Yesterday, the collective gaming media released our impressions of the Nintendo Switch, based on early retail hardware. During my time with the system, I had no major technical difficulties. Everything went without a hitch.
Unfortunately, I'm not the only person with a Switch and many of those other folks did have issues. Reviewers began mentioning disconnection issues with the Switch's Joy-Cons, noticeably the left one.
I've just experienced some left Joy Con sync issues with my grey system. Seems to be a universal issue. https://t.co/2wgPe8h8gI— Jeremy Parish (@gamespite) February 23, 2017
The Switch left JoyCon's sync issues have been so bad for me that I can't play Zelda on my TV with it - using the pro controller instead.— Jason Schreier (@jasonschreier) February 23, 2017
I've played roughly 20 hours of Zelda and it's happened 2-3 times. https://t.co/5sGBotcIjG— Jose Otero (@jose_otero) February 23, 2017
The issue causes the analog stick on the Joy-Con L to stop reporting to the Switch itself. In Legend of Zelda: Breath of the Wild, this is manifested by Link continuing to move in whatever direction he was already heading. The severity of the problem varies from reviewer to reviewer.
GameXplain did a few tests and took a stab at explaining what the potential Joy-Con issue is. They found that the user's hands can actually obscure the Bluetooth signal sent by either Joy-Con. The folks at GameXplain were able to replicate the issue by completely covering their Joy-Cons with their hands or even hiding the units behind their backs.
A further video by YouTuber Blunty jumped off the GameXplain explanation and hazarded that the problem is with the Bluetooth signal strength of the Joy-Cons. He reckons that the signal strength is low to conserve power, making the signal more susceptible to interference. Assuming that's the case, Nintendo could fix the issue with a firmware update, boosting signal strength, but likely lowering the battery life of the Joy-Cons.
Others have done tests and guessed that distance may also be an issue. The problem is not all these reviewers were playing in huge spaces and I'm sure none of them played with their Joy-Cons behind their backs.

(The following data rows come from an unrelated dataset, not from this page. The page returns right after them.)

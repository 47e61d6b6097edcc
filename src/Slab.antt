-- ===== src/Slab.antt =====
-- The slab allocator: kern/page-slab.c, include/kern/page-slab.h:
-- the slabs of a cache, which queue each is in, and which objects are out.
-- A slab goes by the address of its object page, and an object by its slab and its index there. A call
-- is cut where the source releases the cache's lock, so that calls may interleave.
pub mod Invariant
pub mod Taking
pub mod Take
pub mod Grow
pub mod Alloc
pub mod Held
pub mod Free
pub mod Reap
pub mod Races
mod Tests
use risc_v_workshop.Prelude.{
  ℕ, zero, suc, ◌+◌, ◌-◌, ◌*◌, ◌%◌, ◌^◌, Bool, true, false, not, ◌&&◌, ◌||◌, ltb, leb, ◌==◌,
  if◌then◌else◌, Option, none, some, List, [], ◌∷◌, ◌++◌, has, remove, is_empty, update, add64,
  sub64, Rc, done, fail, enomem, ◌>>=◌,
}

-- `objects` are the free ones, the next to be handed out first.
pub record Slab : Type 0 where
  pub objects : List ℕ
  pub count : ℕ

-- `slabs` is the memory that the `slab` structures stand in.
pub record KmemCache : Type 0 where
  pub limits : ℕ
  pub slab_count : ℕ
  pub objs_per_slab : ℕ
  pub on_slab : Bool
  pub partial : List ℕ
  pub full : List ℕ
  pub free : List ℕ
  pub slabs : ℕ → Slab

abbrev pub set_slab : ℕ → Slab → KmemCache → KmemCache
set_slab s sinfo cache = record cache { slabs = update cache.slabs s sinfo }

-- !list_not_linked(&sinfo->link)
abbrev pub is_linked : ℕ → KmemCache → Bool
is_linked s cache = has s cache.partial || has s cache.full || has s cache.free

-- KMEM_CACHE_IS_BUSY
abbrev pub kmem_cache_is_busy : KmemCache → Bool
kmem_cache_is_busy cache = not (is_empty cache.partial) || not (is_empty cache.full)

-- What the page allocator and kmalloc answer while a cache grows: the page, whether there is memory for
-- the slab information, and how many of the buffer control blocks can be had.
pub record Supply : Type 0 where
  pub page : Option ℕ
  pub info : Bool
  pub bufctls : ℕ

-- the loop that adds the objects; `none` if a control block cannot be had
unfoldable pub add_objects : ℕ → Bool → ℕ → Option (List ℕ)
add_objects zero on_slab bufctls = some []
add_objects (suc n) on_slab bufctls = add_objects n on_slab bufctls >>= λ objects.
    if on_slab || ltb n bufctls then some (n ∷ objects) else none

-- the slab at `kaddr`, or the page given back where its objects cannot be set up
unfoldable pub grown_at : ℕ → Option (List ℕ) → Rc (ℕ × Slab) × Option ℕ
grown_at kaddr none = (fail enomem, some kaddr)
grown_at kaddr (some objects) = (done (kaddr, record { objects = objects; count = 0 }), none)

unfoldable pub grow_from : KmemCache → Supply → Option ℕ → Rc (ℕ × Slab) × Option ℕ
unfolding grown_at
grow_from cache supply none = (fail enomem, none)
grow_from cache supply (some kaddr) =
    if not cache.on_slab && not supply.info
    then (fail enomem, some kaddr)
    else grown_at kaddr (add_objects cache.objs_per_slab cache.on_slab supply.bufctls)

-- The page of the new slab, and the page that is given back where there is none.
unfoldable pub slab_kmem_cache_grow : KmemCache → Supply → Rc (ℕ × Slab) × Option ℕ
unfolding grow_from
slab_kmem_cache_grow cache supply = grow_from cache supply supply.page

-- Under the lock: the slab to take from, with its queues; `none` if the cache has to grow.
unfoldable pub choose_slab : KmemCache → List ℕ → List ℕ → Option (ℕ × KmemCache)
choose_slab cache (s ∷ _) _ = some (s, cache)
choose_slab cache [] (s ∷ rest) = some (s, record cache { partial = s ∷ []; free = rest })
choose_slab cache [] [] = none

-- Under the lock again: the new slab is linked in. `none` where an assertion fails.
unfoldable pub link_grown : ℕ → Slab → KmemCache → Option KmemCache
link_grown s sinfo cache =
    if is_linked s cache
    then none
    else some (record (set_slab s sinfo cache) {
      slab_count = add64 cache.slab_count 1;
      partial = cache.partial ++ s ∷ [];
    })

-- still under the lock: one more object of the slab is in use
unfoldable pub reserve_object : ℕ → KmemCache → Option KmemCache
reserve_object s cache =
    let sinfo = cache.slabs s in
    let counted = set_slab s (record sinfo { count = add64 sinfo.count 1 }) cache in
    if not (add64 sinfo.count 1 == cache.objs_per_slab)
    then some counted
    else if not (is_linked s cache)
    then none
    else some (record counted { partial = remove s cache.partial; full = cache.full ++ s ∷ [] })

-- Under the slab's lock: the first free object. With none there, the source takes an object before
-- address 0.
unfoldable pub alloc_slab_obj : ℕ → KmemCache → Option (ℕ × KmemCache)
alloc_slab_obj s cache = elim (cache.slabs s).objects [
  | [] ↦ none
  | i ∷ rest ↦ some (i, set_slab s (record (cache.slabs s) { objects = rest }) cache)
]

-- the rest of an allocation that nothing interrupts, from the slab on
unfoldable pub take_object : ℕ → KmemCache → Option (Rc (ℕ × ℕ) × KmemCache)
take_object s cache =
    reserve_object s cache >>= λ c. alloc_slab_obj s c >>= λ (i, c). some (done (s, i), c)

unfoldable pub take_grown : KmemCache → Rc (ℕ × Slab) → Option (Rc (ℕ × ℕ) × KmemCache)
unfolding take_object
take_grown cache (fail rc) = some (fail rc, cache)
take_grown cache (done (s, sinfo)) = link_grown s sinfo cache >>= take_object s

unfoldable pub take_chosen :
    KmemCache → Supply → Option (ℕ × KmemCache) → Option (Rc (ℕ × ℕ) × KmemCache)
unfolding take_object take_grown
take_chosen cache supply (some (s, chosen)) = take_object s chosen
take_chosen cache supply none = take_grown cache (slab_kmem_cache_grow cache supply).0

-- an allocation that nothing interrupts
unfoldable pub slab_kmem_cache_alloc : KmemCache → Supply → Option (Rc (ℕ × ℕ) × KmemCache)
unfolding take_chosen
slab_kmem_cache_alloc cache supply =
    take_chosen cache supply (choose_slab cache cache.partial cache.free)

-- Under the lock: one object of the slab less is in use, and the slab is in the partial queue if there
-- are others.
unfoldable pub unlink_slab : ℕ → KmemCache → Option KmemCache
unlink_slab s cache =
    let sinfo = cache.slabs s in
    let taken_out =
      (if sinfo.count == cache.objs_per_slab
        then record cache { full = remove s cache.full }
        else record cache { partial = remove s cache.partial }) in
    let counted = set_slab s (record sinfo { count = sub64 sinfo.count 1 }) taken_out in
    if sinfo.count == 0
    then none
    else if sub64 sinfo.count 1 == 0
    then some counted
    else if is_linked s taken_out
    then none
    else some (record counted { partial = counted.partial ++ s ∷ [] })

-- Under the slab's lock. An object that is free, unless it is the last one, has a link.
abbrev pub has_link : ℕ → List ℕ → Bool
has_link i [] = false
has_link i (x ∷ xs) = (i == x && not (is_empty xs)) || has_link i xs

unfoldable pub free_slab_obj : ℕ → ℕ → KmemCache → Option KmemCache
free_slab_obj s i cache =
    if has_link i (cache.slabs s).objects
    then none
    else some (set_slab s (record (cache.slabs s) { objects = i ∷ (cache.slabs s).objects }) cache)

-- under the lock once more: a slab with no object in use becomes free
unfoldable pub requeue_slab : ℕ → KmemCache → Option KmemCache
requeue_slab s cache =
    if not ((cache.slabs s).count == 0)
    then some cache
    else if is_linked s cache
    then none
    else some (record cache { free = cache.free ++ s ∷ [] })

-- a release that nothing interrupts
unfoldable pub slab_kmem_cache_free : ℕ → ℕ → KmemCache → Option KmemCache
slab_kmem_cache_free s i cache =
    unlink_slab s cache >>= λ c. free_slab_obj s i c >>= λ c. requeue_slab s c

-- The loop over the free queue, which gives back the pages in its order. `free_slab_info` changes no
-- queue of this cache.
unfoldable pub reap_loop : Bool → ℕ → List ℕ → ℕ → List ℕ × ℕ
reap_loop force limits [] slab_count = ([], slab_count)
reap_loop force limits (s ∷ rest) slab_count =
    let again = reap_loop force limits rest (sub64 slab_count 1) in
    if not force && leb slab_count limits then (s ∷ rest, slab_count) else again

unfoldable pub slab_kmem_cache_reap : Bool → KmemCache → KmemCache
slab_kmem_cache_reap force cache =
    let left = reap_loop force cache.limits cache.free cache.slab_count in
    record cache { free = left.0; slab_count = left.1 }

-- The loop of `slab_kmem_cache_destroy`; `none` if `fuel` rounds do not end it.
unfoldable pub destroy_loop : ℕ → KmemCache → Option KmemCache
destroy_loop zero cache = none
destroy_loop (suc fuel) cache =
    let again = destroy_loop fuel (slab_kmem_cache_reap true cache) in
    if is_empty cache.free
    then some cache
    else if kmem_cache_is_busy cache
    then some cache
    else again

unfoldable pub slab_kmem_cache_destroy : KmemCache → Option KmemCache
unfolding destroy_loop
slab_kmem_cache_destroy cache = destroy_loop 2 cache
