-- ===== src/Slab/Invariant.antt =====
-- What holds of a cache between calls.
use risc_v_workshop.Prelude.{
  ℕ, ◌+◌, ◌<◌, ◌%◌, ◌^◌, ◌≡◌, arith, Bool, Bool-cases, inl, inr, true, false, not, ◌&&◌, ◌||◌, ltb,
  has, length, All, Distinct, has_all_of_length,
}
use risc_v_workshop.Slab.{Slab, KmemCache, is_linked}

-- Of `n` objects, those that are free and those that are counted as in use make up all.
pub record IsSound (n : ℕ) (sinfo : Slab) : Type 0 where
  pub together : length sinfo.objects + sinfo.count ≡ n
  pub once : Distinct sinfo.objects
  pub indices : All (λ i. i < n) sinfo.objects

-- Each slab is in one queue: in `partial` with some objects in use, in `full` with all, in `free` with
-- none.
pub record IsConsistent (cache : KmemCache) : Type 0 where
  pub some_objects : 0 < cache.objs_per_slab
  pub fits : cache.objs_per_slab < 2 ^ 64
  pub partial_once : Distinct cache.partial
  pub full_once : Distinct cache.full
  pub free_once : Distinct cache.free
  pub partly :
      (s : ℕ)
      → has s cache.partial ≡ true
      → (0 < (cache.slabs s).count) × ((cache.slabs s).count < cache.objs_per_slab)
  pub filled : (s : ℕ) → has s cache.full ≡ true → (cache.slabs s).count ≡ cache.objs_per_slab
  pub unused : (s : ℕ) → has s cache.free ≡ true → (cache.slabs s).count ≡ 0
  pub sound : (s : ℕ) → is_linked s cache ≡ true → IsSound cache.objs_per_slab (cache.slabs s)
  pub counted :
      cache.slab_count ≡ (length cache.partial + length cache.full + length cache.free) % 2 ^ 64

-- The object `i` of the slab `s` is out.
abbrev pub is_held : KmemCache → ℕ → ℕ → Bool
is_held cache s i =
    (has s cache.partial || has s cache.full)
    && (ltb i cache.objs_per_slab && not (has i (cache.slabs s).objects))

-- A slab in use has the objects that its count says, and `partial` and `full` exclude one another.
module _ (cache : KmemCache) (c : IsConsistent cache) (s : ℕ) where
  pub not_full : has s cache.partial ≡ true → has s cache.full ≡ false
  not_full h = elim (Bool-cases (has s cache.full)) [
    | inl e ↦ absurd (omega (arith, (c.partly s h).1, c.filled s e))
    | inr e ↦ e
  ]

  pub not_free : has s cache.partial ≡ true → has s cache.free ≡ false
  not_free h = elim (Bool-cases (has s cache.free)) [
    | inl e ↦ absurd (omega (arith, (c.partly s h).0, c.unused s e))
    | inr e ↦ e
  ]

  pub full-not_free : has s cache.full ≡ true → has s cache.free ≡ false
  full-not_free h = elim (Bool-cases (has s cache.free)) [
    | inl e ↦ absurd (omega (arith, c.some_objects, c.filled s h, c.unused s e))
    | inr e ↦ e
  ]

  pub free-not_full : has s cache.free ≡ true → has s cache.full ≡ false
  free-not_full h = elim (Bool-cases (has s cache.full)) [
    | inl e ↦ absurd (omega (arith, c.some_objects, c.filled s e, c.unused s h))
    | inr e ↦ e
  ]

-- With all objects free, none is out.
pub none_out :
    (n : ℕ) (sinfo : Slab)
    → IsSound n sinfo
    → sinfo.count ≡ 0
    → (i : ℕ) → (ltb i n && not (has i sinfo.objects)) ≡ false
none_out n sinfo h z i = elim (Bool-cases (ltb i n)) [
  | inl e ↦ rw (
    e,
    has_all_of_length n sinfo.objects h.once h.indices (omega (arith, h.together, z)) i
        (ground arith),
  )
  | inr e ↦ rw e
]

In my own tests, I had to work very hard to get the Joy-Cons to disconnect. With basic line-of-sight I had no issues with the Joy-Cons working free hand or in the basic Grip, for up to the maximum distance of my space, which is 16 feet. I did not have any issues with covering the Joy-Cons or putting them behind my back until around 10 feet.
Other reviewers doing tests have reported different tolerances. I'd say that points to varying hardware, which could be Nintendo's worst case scenario, requiring a Joy-Con replacement of some sort. The truth is we're all flailing around in the dark, looking for the real problem.
We reached out to Nintendo for comment. A spokesperson from Nintendo of America told us that he'd keep us posted. The company is aware of the issue and is currently working on it. For now, I'd give the company the benefit of the doubt and hope they can fix the issue with minimal fuss.